Report by NewsroomPlus.com
Contributed by University of Canterbury
A University of Canterbury (UC) academic says the development of research around a ‘criminal gene’ and its increasing use in legal cases internationally raises scary issues for societies around the globe.
Dr Debra Wilson’s new book Genetics, Crime and Justice examines the legal and ethical issues raised by the scientific research and explores how the criminal justice system currently reacts, and ought to react, to the new challenges presented by genetic evidence.
“The genetics defence has already been used in more than 200 cases in America and in Europe, which raises questions around verdicts, jury decisions and sentencing.
“If a defendant is arguably ‘not responsible’ due to a genetic predisposition to crime or violence, legally they cannot be found guilty of murder for example, but is this how society wants its laws applied?
“And what are the implications for sentencing – should those with the gene be punished with a shorter sentence or locked up longer because of their genetic tendency towards aggression and violence?”
Wilson says her book does not provide the answers, but raises important questions that societies, governments and the legal fraternity around the world need to consider.
“We need to talk about these issues and figure out how to respond to these scientific discoveries. With the growing use of DNA databases, there are issues around privacy and individual rights that need to be considered – should everyone be tested and how should we respond when the gene is identified?”
Wilson says research shows the gene can help explain why an offender did what they did, but it is not the only factor.
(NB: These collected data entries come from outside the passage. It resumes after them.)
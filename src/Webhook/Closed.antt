-- ===== src/Webhook/Closed.antt =====
-- A row that was closed stays closed (`CLOSED` and the guards of lib/spots/webhook.ts).
use directory_platform.Common.{◌≡◌, refl, ap, Bool, true, false, not, Option, some, if◌then◌else◌}
use directory_platform.Provider.{PayPalClient}
use directory_platform.Notify.{spots_system_viewer}
use directory_platform.Store.Rows.{
  Db, FeaturedSubscription, FeaturedSubscriptionStatus, approval_pending, active, past_due, paused,
  cancelled, suspended, expired,
}
use directory_platform.Store.Tx.{ok, pure, on_option, ◌>>=◌}
use directory_platform.Store.Subscriptions.{featured_subscription_for_event, is_billing}
use directory_platform.Webhook.{
  EventType, subscription_activated, subscription_updated, subscription_suspended,
  subscription_cancelled, subscription_expired, payment_failed, sale_completed, other_subscription,
  other, PayPalEvent, provider_subscription_id_for, Ignored, row_is_closed, sale_for_closed_row,
  update_is_not_active, ignored, is_closed, confirm_row, renew_row, fail_row, apply_type,
  apply_event, process_featured_event,
}

-- The events that say that a subscription is alive, or that it owes a payment.
unfoldable pub can_revive : EventType → Bool
can_revive subscription_activated = true
can_revive subscription_updated = true
can_revive payment_failed = true
can_revive sale_completed = true
can_revive _ = false

-- The event found its row, and reading it changed nothing.
abbrev pub Finds : PayPalEvent → Db → FeaturedSubscription → Type 0
Finds event s sub =
    featured_subscription_for_event spots_system_viewer (provider_subscription_id_for event)
      event.custom_id s
    ≡ ok (some sub, s)

closed_bills_not : (st : FeaturedSubscriptionStatus) → is_closed st ≡ true → is_billing st ≡ false
closed_bills_not approval_pending h = cc
closed_bills_not active h = cc
closed_bills_not past_due h = cc
closed_bills_not paused h = cc
closed_bills_not cancelled h = refl
closed_bills_not suspended h = refl
closed_bills_not expired h = refl

module _ (client : Option PayPalClient) (sub : FeaturedSubscription)
    (h : is_closed sub.status ≡ true) where
  closed-confirm_row :
      (event : PayPalEvent) → confirm_row client sub event ≡ pure (ignored row_is_closed)
  unfolding confirm_row
  closed-confirm_row event = rw h refl

  closed_unless :
      (event : PayPalEvent) (b : Bool)
      → (reason : Ignored) × ((if not b
            then pure (ignored update_is_not_active)
            else confirm_row client sub event)
          ≡ pure (ignored reason))
  closed_unless event true = (row_is_closed, closed-confirm_row event)
  closed_unless event false = (update_is_not_active, refl)

  closed-apply_type :
      (event : PayPalEvent) (type : EventType)
      → can_revive type ≡ true
      → (reason : Ignored) × (apply_type client sub event type ≡ pure (ignored reason))
  unfolding apply_type can_revive fail_row renew_row
  closed-apply_type event subscription_activated k = (row_is_closed, closed-confirm_row event)
  closed-apply_type event subscription_updated k = closed_unless event event.status_is_active
  closed-apply_type event payment_failed k = (row_is_closed, rw h refl)
  closed-apply_type event sale_completed k = (sale_for_closed_row, rw (closed_bills_not _ h) refl)
  closed-apply_type event subscription_suspended k = cc
  closed-apply_type event subscription_cancelled k = cc
  closed-apply_type event subscription_expired k = cc
  closed-apply_type event other_subscription k = cc
  closed-apply_type event other k = cc

-- When the row that an event finds is cancelled, suspended or expired, and the event says that
-- the subscription is alive, was paid or owes a payment, it is ignored and changes nothing: not the row, a bid, the audit, the queue or what PayPal was asked.
pub closed_is_final :
    (client : Option PayPalClient) (event : PayPalEvent) (sub : FeaturedSubscription) (s : Db)
    → Finds event s sub
    → is_closed sub.status ≡ true
    → can_revive event.type ≡ true
    → (reason : Ignored) × (process_featured_event client event s ≡ ok (ignored reason, s))
unfolding process_featured_event apply_event ◌>>=◌ on_option pure
closed_is_final client event sub s found h k =
    let (reason, e) = closed-apply_type client sub h event event.type k in
    (reason, rw found (ap (λ m. m s) e))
The risk comes from a combination of genetics and environment – in this case, maltreatment as a child. These findings also strengthen the demand to reduce child abuse.
The book covers a subject similar to one explored in the movie ‘Minority Report’, where a special police unit in a future fictional society is able to arrest murderers before they commit their crimes, and also ‘Gattaca’ where a similarly future fictitious society genetically tests all children at birth, and classifies those with undesirable genes as ‘invalid’, limiting their role in society.
The textbook, published by Edward Elgar Publishing in the United Kingdom, includes a layperson description of the science related to the ‘criminal gene’ because Wilson says “we need to know what the science is telling us in order to consider the legal issues”. The content is relevant across a range of international jurisdictions and not focused on one particular legal system.
Wilson hopes the book will be used by criminal and medical law students along with academics, practitioners and policymakers interested in exploring various criminal law issues in relation to genetics.
A UC alumna, Wilson joined UC’s Law School in 2010 after gaining her PhD from Monash University in Australia. Her PhD thesis, arguing in favour of human cloning from a legal standpoint, won the Mollie Holman Doctoral Medal for the best thesis submitted that year.